Side-by-side comparison of AI visibility scores, market position, and capabilities
AI training data platform with $14B valuation; human-labeled datasets for OpenAI, Anthropic, and DOD plus LLM evaluation tools as critical AI infrastructure competing with Appen.
Scale AI is an AI data platform providing data labeling, data curation, and AI evaluation services that power the training and fine-tuning of AI models for major technology companies, autonomous vehicle developers, and government agencies. Founded in 2016 by Alexandr Wang and Lucy Guo in San Francisco, Scale AI has raised approximately $1.5 billion at a $14 billion valuation and generates substantial revenue from contracts with AI labs (OpenAI, Anthropic, Meta AI), government defense clients (US Department of Defense), and enterprise AI teams needing high-quality training data.\n\nScale AI's core service is human-in-the-loop data labeling — providing labeled datasets (annotated images, transcribed and labeled conversations, validated code outputs) that AI models need for training and evaluation. Scale's platform combines AI-assisted pre-labeling with human quality verification, reducing the cost of producing labeled data while maintaining accuracy standards. Scale Spellbook provides API-based LLM evaluation and comparison tools. Scale's Government division has grown significantly, providing AI evaluation and training data services to US defense and intelligence agencies.\n\nIn 2025, Scale AI is one of the most strategically positioned companies in the AI infrastructure stack — as AI labs compete to train frontier models, the quality and volume of training data has become a critical competitive variable. Scale's defense contracts have expanded significantly under the Biden and Trump administrations'AI strategy initiatives. Scale competes with Appen, Surge AI, and cloud provider-native labeling services for AI training data. The 2025 strategy focuses on expanding its government and defense business, launching Scale's Frontier Data for synthetic data generation to supplement human-labeled data, and growing its enterprise AI deployment services for Fortune 500 companies building production AI systems.
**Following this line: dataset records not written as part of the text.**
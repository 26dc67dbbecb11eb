-- ===== src/Volumes/Probes.antt =====
-- volume_probe_contract.py: the write probes of the containers that run.
pub mod Checks
pub mod Findings
pub mod Mounts
pub mod Verified
pub mod Targets
use optimizr_actions.Prelude.{
  Option, none, some, List, [], ◌∷◌, Text, codes, same, strip, ok, guard,
}
use optimizr_actions.Prelude.Splits.{splitlines}
use optimizr_actions.Prelude.Json.{get}
use optimizr_actions.Volumes.Contract.{
  Checked, Manifest, Probe, no_image_configuration, image_moved,
}
use optimizr_actions.Volumes.Docker.{
  Engine, Docker, Command, ◌>>=◌, ◌>>◌, lift, ask, require_success, compose_ps, compose_config,
  container_inspect, image_inspect, probe_write,
}
use optimizr_actions.Volumes.Probes.Checks.{
  object_or, parse_inspected_container, container_id_of, check_container, config_image_of,
  service_of, check_service, image_id_of, check_mounts,
}

module _ (engine : Engine) where
  -- A call that must succeed.
  unfoldable pub succeed : Command → Text → Docker Text
  unfolding ask
  succeed command description = do
    reply ← ask engine command
    result ← lift (require_success description reply)
    lift (ok result.stdout)

  -- `_verify_probe_target`
  unfoldable pub verify_probe_target : Probe → Option (List Text) → Docker Text
  unfolding succeed splitlines parse_inspected_container container_id_of check_container get
      config_image_of service_of check_service image_id_of same strip check_mounts
  verify_probe_target probe expected = do
    ids ← succeed compose_ps (codes "Compose container inventory")
    inspected ← succeed (container_inspect probe.container) (codes "Docker container inspection")
    container ← lift (parse_inspected_container (engine.load_json inspected))
    id ← lift (container_id_of container (splitlines ids))
    lift (check_container container probe.container)
    config ← lift (object_or no_image_configuration (get container (codes "Config")))
    image ← lift (config_image_of config)
    service ← lift (service_of config expected)
    compose ← succeed compose_config (codes "Compose configuration inspection")
    lift (check_service (engine.load_json compose) service image)
    expected_id ← lift (image_id_of container)
    actual_id ← succeed (image_inspect image) (codes "Docker deployed image inspection")
    lift (guard (same (strip actual_id) expected_id) image_moved)
    lift (check_mounts probe container)
    lift (ok id)

  unfoldable pub run_probes : List Probe → Option (List Text) → Docker (Unit {0})
  unfolding verify_probe_target succeed
  run_probes [] expected = lift (ok tt)
  run_probes (probe ∷ probes) expected = do
    id ← verify_probe_target probe expected
    _ ← succeed (probe_write probe.uid id probe.mount_path) (codes "Docker volume write probe")
    run_probes probes expected

  unfoldable pub run_write_probes : Manifest → Docker (Unit {0})
  unfolding run_probes
  run_write_probes manifest = run_probes manifest.volume_write_probes manifest.rollout_services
$500M Series D at $11B valuation (Feb 2026) — largest voice AI funding round ever. $330M ARR; 1M+ developers using the API. Enterprise customers: Deutsche Telekom, Revolut, Meta, Salesforce. Voices in 32 languages; real-time cloning from 1 second of audio.
ElevenLabs was founded in 2022 by Piotr Dabkowski and Mati Staniszewski, two former Google and Palantir engineers who set out to break the language barrier using AI voice technology. The company specializes in AI-powered voice synthesis, cloning, and dubbing, enabling developers and enterprises to generate human-quality speech in over 30 languages. Its core technology combines deep learning models trained on massive speech datasets to produce natural-sounding voices indistinguishable from real humans.\n\nElevenLabs offers a suite of products including its flagship text-to-speech API, voice cloning tools, and an AI dubbing platform that localizes video content while preserving the speaker's original voice. Its products target a broad audience—from indie developers building audio apps to large enterprises deploying voice interfaces at scale. Key differentiators include ultra-low latency streaming synthesis, fine-grained voice customization, and a growing library of pre-built AI voices across accents and styles.\n\nElevenLabs has grown rapidly, surpassing $330M in annualized revenue and serving over 1 million developers. Enterprise clients include Deutsche Telekom, Spotify, and leading media companies. In February 2026, the company closed a $500M Series D at an $11B valuation, cementing its position as the market leader in AI voice. Its APIs power podcasts, audiobooks, video games, and customer service bots worldwide, making ElevenLabs the default infrastructure layer for AI-generated audio.
Monitor how your brand performs across ChatGPT, Gemini, Perplexity, Claude, and Grok daily.